▶ **Goal of the exercise**: Of all the entries below, only the lines from the one with "cc (config, same_chat, found)" up to and including the one with "let same : g'" are to be duplicated exactly.
*** Dataset content
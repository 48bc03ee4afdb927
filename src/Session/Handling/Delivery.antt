-- ===== src/Session/Handling/Delivery.antt =====
-- auth.go with listener.go: what is downloaded and what is stored of a message of the session.
use wa_agent_pipeline.Base.{
  ℕ, Text, ◌≡◌, ◌⊎◌, inl, inr, refl, ap, ◌∙◌, Bool, true, false, Option, none, some, List, [],
  arith, Bool-cases, Option-cases, Result, ok, err,
}
use wa_agent_pipeline.Base.Int.{ℤ, pos}
use wa_agent_pipeline.Texts.{text}
use wa_agent_pipeline.Config.{Group}
use wa_agent_pipeline.Config.Manager.{group}
use wa_agent_pipeline.Writer.{Event}
use wa_agent_pipeline.Listener.{
  Stores, Handler, Handled, ignored, redact, apply_policy, handle_result,
}
use wa_agent_pipeline.Listener.Policy.{Switched, Redacted, redact-Redacted, listed}
use wa_agent_pipeline.Listener.Handling.{handle_result_policy}
use wa_agent_pipeline.Session.Message.{Incoming, normalize_message}
use wa_agent_pipeline.Session.Handling.{
  Source, live, history_sync, downloaded, Downloads, mark_expired, fetch, handle_message_from,
}

-- What is stored of a message of a listed chat, and whether the client was asked for its media.
pub record Delivered {C : Type 0} (g : Group) (ev stored : Event) (client client' : C)
    : Type 0 where
  pub label : stored.chat_label ≡ g.label
  pub body : Switched g.ingest_text [] ev.body stored.body
  pub media_type : Switched g.ingest_media_metadata [] ev.media_type stored.media_type
  pub media_title : Switched g.ingest_media_metadata [] ev.media_title stored.media_title
  pub media_path : Switched g.ingest_media_metadata [] ev.media_path stored.media_path
  pub media_url : Switched g.ingest_media_metadata [] ev.media_url stored.media_url
  pub media_size : Switched g.ingest_media_metadata (pos 0) ev.media_size stored.media_size
  pub media : (g.copy_media ≡ true) ⊎ ((stored.media_bytes ≡ []) × (client' ≡ client))
  pub chat : stored.chat_jid ≡ ev.chat_jid
  pub message : stored.msg_id ≡ ev.msg_id

-- What a download changes of an event.
record OnlyMedia (ev ev' : Event) : Type 0 where
  pub bytes : List ℕ
  pub status : Text
  pub attempts : ℕ
  pub same : ev' ≡ record ev {
    media_bytes = bytes;
    media_hydration_status = status;
    media_hydration_attempts = attempts;
  }

unchanged-OnlyMedia : (ev : Event) → OnlyMedia ev ev
unchanged-OnlyMedia ev = record {
  bytes = ev.media_bytes;
  status = ev.media_hydration_status;
  attempts = ev.media_hydration_attempts;
  same = refl;
}

mark_expired-OnlyMedia :
    (source : Source) (expired : Bool) (ev : Event) → OnlyMedia ev (mark_expired source expired ev)
mark_expired-OnlyMedia live expired ev = unchanged-OnlyMedia ev
mark_expired-OnlyMedia history_sync true ev = record {
  bytes = ev.media_bytes;
  status = text "failed: expired";
  attempts = 1;
  same = refl;
}
mark_expired-OnlyMedia history_sync false ev = unchanged-OnlyMedia ev

module _ {D C S : Type 0} (downloads : Downloads D C) (stores : Stores S) (now : ℤ) where
  fetch_quiet :
      (source : Source) (g : Group) (media : Option D) (ev : Event) (client : C) (h : Handler S)
      → g.copy_media ≡ false
      → fetch downloads stores now source g media ev client h ≡ (ev, client, h)
  unfolding fetch
  fetch_quiet source g none ev client h off = refl
  fetch_quiet source g (some media) ev client h off = ground (arith, off)

  fetch_config :
      (source : Source) (g : Group) (media : Option D) (ev : Event) (client : C) (h : Handler S)
      → ((fetch downloads stores now source g media ev client h).2.config ≡ h.config)
        × ((fetch downloads stores now source g media ev client h).2.store ≡ h.store)
        × ((fetch downloads stores now source g media ev client h).2.wakes ≡ h.wakes)
  unfolding fetch
  fetch_config source g media ev client h = ground arith

  downloaded-OnlyMedia :
      (source : Source) (ev : Event) (r : Result Bool (List ℕ) × C) (h : Handler S)
      → OnlyMedia ev (downloaded downloads stores now source ev r h).0
  downloaded-OnlyMedia source ev (err expired, client) h = mark_expired-OnlyMedia source expired ev
  downloaded-OnlyMedia source ev (ok body, client) h = record {
    bytes = body;
    status = ev.media_hydration_status;
    attempts = ev.media_hydration_attempts;
    same = refl;
  }

  fetch-OnlyMedia :
      (source : Source) (g : Group) (media : Option D) (ev : Event) (client : C) (h : Handler S)
      → OnlyMedia ev (fetch downloads stores now source g media ev client h).0
  unfolding fetch
  fetch-OnlyMedia source g none ev client h = unchanged-OnlyMedia ev
  fetch-OnlyMedia source g (some media) ev client h = elim (Bool-cases g.copy_media) [
    | inr off ↦ rw off (unchanged-OnlyMedia ev)
    | inl on ↦ rw on (downloaded-OnlyMedia source ev (downloads.download media client) h)
  ]

twice-Switched :
    {A : Type 0} (on : Bool) (empty a b c : A)
    → Switched on empty a b
    → Switched on empty b c
    → Switched on empty a c
twice-Switched on empty a b c (inl (e, h)) (inl (_, k)) = inl (e, k ∙ h)
twice-Switched on empty a b c (inl (e, h)) (inr (f, k)) = inr (f, k)
twice-Switched on empty a b c (inr (e, h)) (inl (f, k)) = inr (e, k ∙ h)
twice-Switched on empty a b c (inr (e, h)) (inr (_, k)) = inr (e, k)

-- The policy, a download, and the policy again.
twice-Delivered :
    {C : Type 0} (g : Group) (ev first second stored : Event) (client client' : C)
    → Redacted g ev first
    → OnlyMedia first second
    → Redacted g second stored
    → ((g.copy_media ≡ true) ⊎ (client' ≡ client))
    → Delivered g ev stored client client'
twice-Delivered g ev first second stored client client' r m r' k =
    let between = m.same in
    record {
      label = r'.label;
      body =
          twice-Switched g.ingest_text [] ev.body first.body stored.body r.body
            (rw between at r'.body);
      media_type =
          twice-Switched g.ingest_media_metadata [] ev.media_type first.media_type stored.media_type
            r.media_type (rw between at r'.media_type);
      media_title =
          twice-Switched g.ingest_media_metadata [] ev.media_title first.media_title
            stored.media_title r.media_title (rw between at r'.media_title);
      media_path =
          twice-Switched g.ingest_media_metadata [] ev.media_path first.media_path stored.media_path
            r.media_path (rw between at r'.media_path);
      media_url =
          twice-Switched g.ingest_media_metadata [] ev.media_url first.media_url stored.media_url
            r.media_url (rw between at r'.media_url);
      media_size =
          twice-Switched g.ingest_media_metadata (pos 0) ev.media_size first.media_size
            stored.media_size r.media_size (rw between at r'.media_size);
      media = ground (arith, r'.media_bytes, k);
      chat = r'.chat ∙ ap (λ (e : Event). e.chat_jid) between ∙ r.chat;
      message = r'.message ∙ ap (λ (e : Event). e.msg_id) between ∙ r.message;
    }

module _ {D C S : Type 0} (downloads : Downloads D C) (stores : Stores S) (now : ℤ)
    (file_ext : Text → Text) (mime_extensions : Text → List Text) where
  abbrev handled : Source → Incoming D → C → Handler S → Handled × C × Handler S
  handled = handle_message_from downloads stores now file_ext mime_extensions

  abbrev event_of : Incoming D → Event
  event_of msg = (normalize_message file_ext mime_extensions now msg).0

  refused :
      (source : Source) (msg : Incoming D) (client : C) (h : Handler S)
      → group h.config (event_of msg).chat_jid ≡ none
      → ((handled source msg client h).0 ≡ ignored)
        × ((handled source msg client h).1 ≡ client)
        × ((handled source msg client h).2.store ≡ h.store)
        × ((handled source msg client h).2.status ≡ h.status)
        × ((handled source msg client h).2.wakes ≡ h.wakes)
  unfolding handle_message_from apply_policy
  refused source msg client h absent = (
    ground (arith, absent),
    ground (arith, absent),
    ground (arith, absent),
    ground (arith, absent),
    ground (arith, absent),
  )

  accepted :
      (source : Source) (msg : Incoming D) (client : C) (h : Handler S) (g : Group)
      → group h.config (event_of msg).chat_jid ≡ some g
      → handled source msg client h ≡ (
          let (ev', client', h') =
            fetch downloads stores now source g
              (normalize_message file_ext mime_extensions now msg).1
              (redact g (event_of msg))
              client
              h in
          let (out, h'') = handle_result stores now ev' h' in (out, client', h''))
  unfolding handle_message_from
  accepted source msg client h g found = ground (arith, listed (event_of msg) h g found)

  quiet :
      (source : Source) (g : Group) (media : Option D) (ev : Event) (client : C) (h : Handler S)
      {client' : C}
      → client' ≡ (fetch downloads stores now source g media ev client h).1
      → (g.copy_media ≡ true) ⊎ (client' ≡ client)
  quiet source g media ev client h same = elim (Bool-cases g.copy_media) [
    | inl on ↦ inl on
    | inr off ↦
        inr (same ∙ ap (λ o. o.1) (fetch_quiet downloads stores now source g media ev client h off))
  ]

  -- A message of a chat that is not listed is dropped: nothing is downloaded, stored, counted or
  -- announced. For a message of a listed chat one event is written, with the group's label, in which
  -- text and media metadata are kept or emptied as the group's switches say; and where the group
  -- copies no media, the event has no bytes and the client was not asked for any.
  pub handle_message_from-Delivered :
      (source : Source) (msg : Incoming D) (client : C) (h : Handler S)
      → ((group h.config (event_of msg).chat_jid ≡ none)
          × ((handled source msg client h).0 ≡ ignored)
          × ((handled source msg client h).1 ≡ client)
          × ((handled source msg client h).2.store ≡ h.store)
          × ((handled source msg client h).2.status ≡ h.status)
          × ((handled source msg client h).2.wakes ≡ h.wakes))
        ⊎ ((g : Group) × (stored : Event) × (group h.config (event_of msg).chat_jid ≡ some g)
            × Delivered g (event_of msg) stored client (handled source msg client h).1
            × ((handled source msg client h).0.accepted ≡ true)
            × ((handled source msg client h).2.store ≡ (stores.write stored h.store).2))
  handle_message_from-Delivered source msg client h =
      let ev = event_of msg in
      let media = (normalize_message file_ext mime_extensions now msg).1 in
      elim (Option-cases (group h.config ev.chat_jid)) [
        | inl absent ↦
            let (a, b, c, d, e) = refused source msg client h absent in inl (absent, a, b, c, d, e)
        | inr (g, found) ↦
            let fetched = fetch downloads stores now source g media (redact g ev) client h in
            let ran = accepted source msg client h g found in
            let only = fetch-OnlyMedia downloads stores now source g media (redact g ev) client h in
            let (config, store, wakes) =
              fetch_config downloads stores now source g media (redact g ev) client h in
            let first = redact-Redacted g ev in
            let same_chat : fetched.0.chat_jid ≡ ev.chat_jid =
              ap (λ (e : Event). e.chat_jid) only.same ∙ first.chat in
            let still : group fetched.2.config fetched.0.chat_jid ≡ some g =
              cc (config, same_chat, found) in
            elim (handle_result_policy stores now fetched.0 fetched.2) [
              | inl (absent, _, _, _, _) ↦ absurd (cc (absent, still))
              | inr (g', stored, found', redacted, acc, written) ↦
                  let same : g' ≡ g = cc (found', still) in
                  let asked : (handled source msg client h).1 ≡ fetched.1 = ap (λ o. o.1) ran in
                  inr (
                    g,
                    stored,
                    found,
                    twice-Delivered g ev (redact g ev) fetched.0 stored client
                        (handled source msg client h).1 first only (rw same at redacted)
                        (quiet source g media (redact g ev) client h asked),
                    ap (λ o. o.0.accepted) ran ∙ acc,
                    ap (λ o. o.2.store) ran ∙ written ∙ ap (λ t. (stores.write stored t).2) store,
                  )
            ]
      ]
******
▶ **Exercise solution**:
              cc (config, same_chat, found) in
            elim (handle_result_policy stores now fetched.0 fetched.2) [
              | inl (absent, _, _, _, _) ↦ absurd (cc (absent, still))
              | inr (g', stored, found', redacted, acc, written) ↦
                  let same : g' ≡ g = cc (found', still) in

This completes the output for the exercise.